-- ===== src/Inventory/Requests.antt =====
-- The endpoints of backend/app/modules/inventory/api.py that move stock: an operation of the service
-- under `get_db_session`, which commits it or rolls it back.

use retail_os.Core.Time.{DateTime}
use retail_os.Prelude.{[], ◌∷◌, List}
use retail_os.Core.Session.{Session, get_db_session, M, pure, ◌>>=◌}
use retail_os.Inventory.Operations.{TransferRequest, StockRequest, receive, issue, adjust}
use retail_os.Inventory.Operations

pub data Operation : Type 0 where
  stock_in stock_out adjustment : StockRequest → Operation
  transfer : TransferRequest → Operation

unfoldable pub perform : Operation → M (Unit {0})
perform (stock_in r) = do t ← receive r; pure tt
perform (stock_out r) = do t ← issue r; pure tt
perform (adjustment r) = do t ← adjust r; pure tt
perform (transfer r) = do t ← Operations.transfer r; pure tt

-- One request on a committed database, at its own instant.
unfoldable pub serve : DateTime × Operation → Session → Session
unfolding get_db_session perform
serve (now, op) s = (get_db_session (perform op) (record s { now = now })).1

unfoldable pub serve_all : List (DateTime × Operation) → Session → Session
unfolding serve
serve_all [] s = s
serve_all (x ∷ xs) s = serve_all xs (serve x s)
════
:: WHAT YOU WILL DO ::
Reproduce exactly the section above that begins at the line containing "perform (stock_in r)" and ends at the line containing "unfolding get_db_session perform", leaving out all other lines.

:: TASK ANSWER ::
perform (stock_in r) = do t ← receive r; pure tt
perform (stock_out r) = do t ← issue r; pure tt
perform (adjustment r) = do t ← adjust r; pure tt
perform (transfer r) = do t ← Operations.transfer r; pure tt

-- One request on a committed database, at its own instant.
unfoldable pub serve : DateTime × Operation → Session → Session
unfolding get_db_session perform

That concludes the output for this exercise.